Recorded information START
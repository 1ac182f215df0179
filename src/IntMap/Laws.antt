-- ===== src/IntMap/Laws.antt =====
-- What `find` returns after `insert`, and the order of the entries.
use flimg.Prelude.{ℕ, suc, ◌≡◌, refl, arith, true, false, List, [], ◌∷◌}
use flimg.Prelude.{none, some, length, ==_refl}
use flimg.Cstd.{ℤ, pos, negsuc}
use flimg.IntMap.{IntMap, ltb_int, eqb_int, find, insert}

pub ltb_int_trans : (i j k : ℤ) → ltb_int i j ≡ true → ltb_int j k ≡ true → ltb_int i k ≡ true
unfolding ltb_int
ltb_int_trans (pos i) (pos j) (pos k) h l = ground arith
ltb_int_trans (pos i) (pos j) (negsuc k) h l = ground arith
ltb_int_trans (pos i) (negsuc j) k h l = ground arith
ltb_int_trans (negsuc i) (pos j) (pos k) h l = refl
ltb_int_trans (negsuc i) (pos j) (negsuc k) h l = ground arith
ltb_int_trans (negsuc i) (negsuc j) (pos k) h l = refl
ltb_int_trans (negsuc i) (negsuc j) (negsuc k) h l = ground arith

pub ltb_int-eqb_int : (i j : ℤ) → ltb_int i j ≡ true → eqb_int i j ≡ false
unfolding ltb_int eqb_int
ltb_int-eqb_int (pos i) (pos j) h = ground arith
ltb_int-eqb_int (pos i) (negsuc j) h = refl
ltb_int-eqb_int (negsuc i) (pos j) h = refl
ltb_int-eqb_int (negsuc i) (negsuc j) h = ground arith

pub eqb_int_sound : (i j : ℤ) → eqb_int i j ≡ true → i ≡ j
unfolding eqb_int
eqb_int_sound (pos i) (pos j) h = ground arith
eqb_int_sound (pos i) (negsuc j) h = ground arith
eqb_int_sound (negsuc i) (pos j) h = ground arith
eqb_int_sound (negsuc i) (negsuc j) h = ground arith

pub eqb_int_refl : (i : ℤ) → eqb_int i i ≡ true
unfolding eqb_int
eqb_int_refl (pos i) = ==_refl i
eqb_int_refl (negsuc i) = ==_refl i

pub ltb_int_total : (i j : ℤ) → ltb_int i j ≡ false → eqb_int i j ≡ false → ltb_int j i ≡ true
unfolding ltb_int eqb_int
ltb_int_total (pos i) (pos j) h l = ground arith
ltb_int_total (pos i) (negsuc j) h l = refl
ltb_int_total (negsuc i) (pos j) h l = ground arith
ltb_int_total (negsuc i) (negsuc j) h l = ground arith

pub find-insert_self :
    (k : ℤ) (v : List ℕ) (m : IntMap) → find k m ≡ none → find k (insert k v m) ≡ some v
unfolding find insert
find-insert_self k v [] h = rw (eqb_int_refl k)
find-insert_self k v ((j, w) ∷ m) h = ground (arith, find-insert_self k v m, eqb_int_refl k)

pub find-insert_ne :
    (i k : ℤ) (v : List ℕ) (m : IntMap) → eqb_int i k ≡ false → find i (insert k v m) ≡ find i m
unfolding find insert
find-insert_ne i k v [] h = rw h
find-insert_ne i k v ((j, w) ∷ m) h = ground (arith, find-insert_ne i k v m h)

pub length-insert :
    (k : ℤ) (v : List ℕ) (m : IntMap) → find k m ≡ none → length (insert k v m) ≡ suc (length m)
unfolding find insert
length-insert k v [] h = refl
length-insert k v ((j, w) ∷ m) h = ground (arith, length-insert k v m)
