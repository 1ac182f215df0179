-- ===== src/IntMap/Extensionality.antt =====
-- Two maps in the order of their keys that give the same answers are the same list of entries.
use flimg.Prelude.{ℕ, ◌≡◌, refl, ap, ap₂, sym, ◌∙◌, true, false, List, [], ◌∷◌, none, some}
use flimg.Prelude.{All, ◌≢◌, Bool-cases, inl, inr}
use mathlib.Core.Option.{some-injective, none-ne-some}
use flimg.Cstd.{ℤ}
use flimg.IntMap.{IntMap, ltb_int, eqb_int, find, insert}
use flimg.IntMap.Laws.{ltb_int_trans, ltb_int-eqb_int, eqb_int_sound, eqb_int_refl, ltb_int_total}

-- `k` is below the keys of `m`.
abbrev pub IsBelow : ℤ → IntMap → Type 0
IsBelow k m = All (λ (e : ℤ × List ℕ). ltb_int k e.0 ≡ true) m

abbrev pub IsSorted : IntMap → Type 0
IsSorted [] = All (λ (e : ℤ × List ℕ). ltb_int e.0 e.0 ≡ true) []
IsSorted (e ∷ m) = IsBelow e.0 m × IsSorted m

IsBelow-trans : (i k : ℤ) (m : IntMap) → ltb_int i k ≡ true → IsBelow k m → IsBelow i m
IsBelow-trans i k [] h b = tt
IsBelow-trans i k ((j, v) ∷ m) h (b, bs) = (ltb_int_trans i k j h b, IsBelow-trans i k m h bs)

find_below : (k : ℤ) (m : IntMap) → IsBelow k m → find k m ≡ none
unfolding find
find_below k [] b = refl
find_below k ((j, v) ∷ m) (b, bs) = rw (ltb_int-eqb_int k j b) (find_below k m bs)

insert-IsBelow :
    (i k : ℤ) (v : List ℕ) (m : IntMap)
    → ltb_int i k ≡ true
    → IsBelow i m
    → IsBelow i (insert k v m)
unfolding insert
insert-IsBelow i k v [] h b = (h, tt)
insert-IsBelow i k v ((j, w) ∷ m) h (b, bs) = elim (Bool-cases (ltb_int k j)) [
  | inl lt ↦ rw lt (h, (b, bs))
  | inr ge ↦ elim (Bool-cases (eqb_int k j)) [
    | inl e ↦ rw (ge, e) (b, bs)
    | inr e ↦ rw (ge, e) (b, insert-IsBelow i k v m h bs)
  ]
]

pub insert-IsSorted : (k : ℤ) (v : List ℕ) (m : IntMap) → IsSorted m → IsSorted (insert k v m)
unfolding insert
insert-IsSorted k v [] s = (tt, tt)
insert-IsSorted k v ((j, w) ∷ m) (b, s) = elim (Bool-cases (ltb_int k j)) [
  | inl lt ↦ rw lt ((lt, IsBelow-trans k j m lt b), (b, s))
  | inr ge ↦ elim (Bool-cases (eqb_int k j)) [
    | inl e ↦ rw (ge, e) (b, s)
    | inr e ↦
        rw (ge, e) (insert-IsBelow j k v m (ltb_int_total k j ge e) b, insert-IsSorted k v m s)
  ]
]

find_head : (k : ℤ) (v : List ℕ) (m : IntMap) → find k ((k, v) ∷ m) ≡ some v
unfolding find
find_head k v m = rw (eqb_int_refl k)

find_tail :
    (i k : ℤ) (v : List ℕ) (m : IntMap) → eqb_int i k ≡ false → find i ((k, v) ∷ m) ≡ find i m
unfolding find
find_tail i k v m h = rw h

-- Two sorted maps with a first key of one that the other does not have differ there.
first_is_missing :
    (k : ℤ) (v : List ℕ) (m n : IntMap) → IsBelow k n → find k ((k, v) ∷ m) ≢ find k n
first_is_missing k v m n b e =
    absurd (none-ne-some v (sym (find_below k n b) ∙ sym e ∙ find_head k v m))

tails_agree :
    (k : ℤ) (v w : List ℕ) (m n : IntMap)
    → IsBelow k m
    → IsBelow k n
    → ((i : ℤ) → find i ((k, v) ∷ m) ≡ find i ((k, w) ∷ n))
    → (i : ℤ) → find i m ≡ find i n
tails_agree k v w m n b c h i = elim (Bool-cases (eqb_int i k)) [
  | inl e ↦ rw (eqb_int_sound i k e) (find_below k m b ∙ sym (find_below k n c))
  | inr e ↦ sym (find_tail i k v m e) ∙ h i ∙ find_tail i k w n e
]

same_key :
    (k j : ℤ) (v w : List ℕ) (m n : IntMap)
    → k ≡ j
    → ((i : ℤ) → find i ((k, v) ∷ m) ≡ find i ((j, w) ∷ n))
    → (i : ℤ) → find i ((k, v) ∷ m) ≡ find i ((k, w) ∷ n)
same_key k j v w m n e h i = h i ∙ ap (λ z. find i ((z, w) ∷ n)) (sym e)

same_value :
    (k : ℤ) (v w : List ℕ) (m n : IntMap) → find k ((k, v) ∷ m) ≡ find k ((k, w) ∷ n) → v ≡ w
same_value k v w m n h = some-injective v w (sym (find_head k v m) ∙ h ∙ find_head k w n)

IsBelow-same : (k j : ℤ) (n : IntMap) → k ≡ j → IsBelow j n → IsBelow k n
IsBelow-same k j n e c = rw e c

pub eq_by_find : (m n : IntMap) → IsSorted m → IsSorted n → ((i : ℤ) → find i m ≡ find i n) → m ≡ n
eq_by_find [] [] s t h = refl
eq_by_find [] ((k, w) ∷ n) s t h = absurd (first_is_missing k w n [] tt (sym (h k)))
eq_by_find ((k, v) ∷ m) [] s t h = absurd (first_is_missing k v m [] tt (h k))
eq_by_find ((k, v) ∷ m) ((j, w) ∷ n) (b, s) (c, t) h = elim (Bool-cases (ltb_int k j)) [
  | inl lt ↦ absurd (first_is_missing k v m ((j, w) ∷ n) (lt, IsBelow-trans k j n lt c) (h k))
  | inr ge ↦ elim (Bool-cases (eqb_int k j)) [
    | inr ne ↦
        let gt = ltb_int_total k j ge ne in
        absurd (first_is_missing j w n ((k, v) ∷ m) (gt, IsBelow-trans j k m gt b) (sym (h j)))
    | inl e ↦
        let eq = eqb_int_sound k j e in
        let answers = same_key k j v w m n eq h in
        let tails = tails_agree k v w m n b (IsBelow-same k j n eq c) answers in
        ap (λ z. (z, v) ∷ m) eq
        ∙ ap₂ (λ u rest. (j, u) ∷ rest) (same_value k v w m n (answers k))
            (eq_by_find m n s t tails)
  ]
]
Recorded information END
## What you are asked to do
Pull out every line holding "flimg" from the records above, and copy it.

## Exercise output
use flimg.Prelude.{ℕ, suc, ◌≡◌, refl, arith, true, false, List, [], ◌∷◌}
use flimg.Prelude.{none, some, length, ==_refl}
use flimg.Cstd.{ℤ, pos, negsuc}
use flimg.IntMap.{IntMap, ltb_int, eqb_int, find, insert}
use flimg.Prelude.{ℕ, ◌≡◌, refl, ap, ap₂, sym, ◌∙◌, true, false, List, [], ◌∷◌, none, some}
use flimg.Prelude.{All, ◌≢◌, Bool-cases, inl, inr}
use flimg.Cstd.{ℤ}
use flimg.IntMap.{IntMap, ltb_int, eqb_int, find, insert}
use flimg.IntMap.Laws.{ltb_int_trans, ltb_int-eqb_int, eqb_int_sound, eqb_int_refl, ltb_int_total}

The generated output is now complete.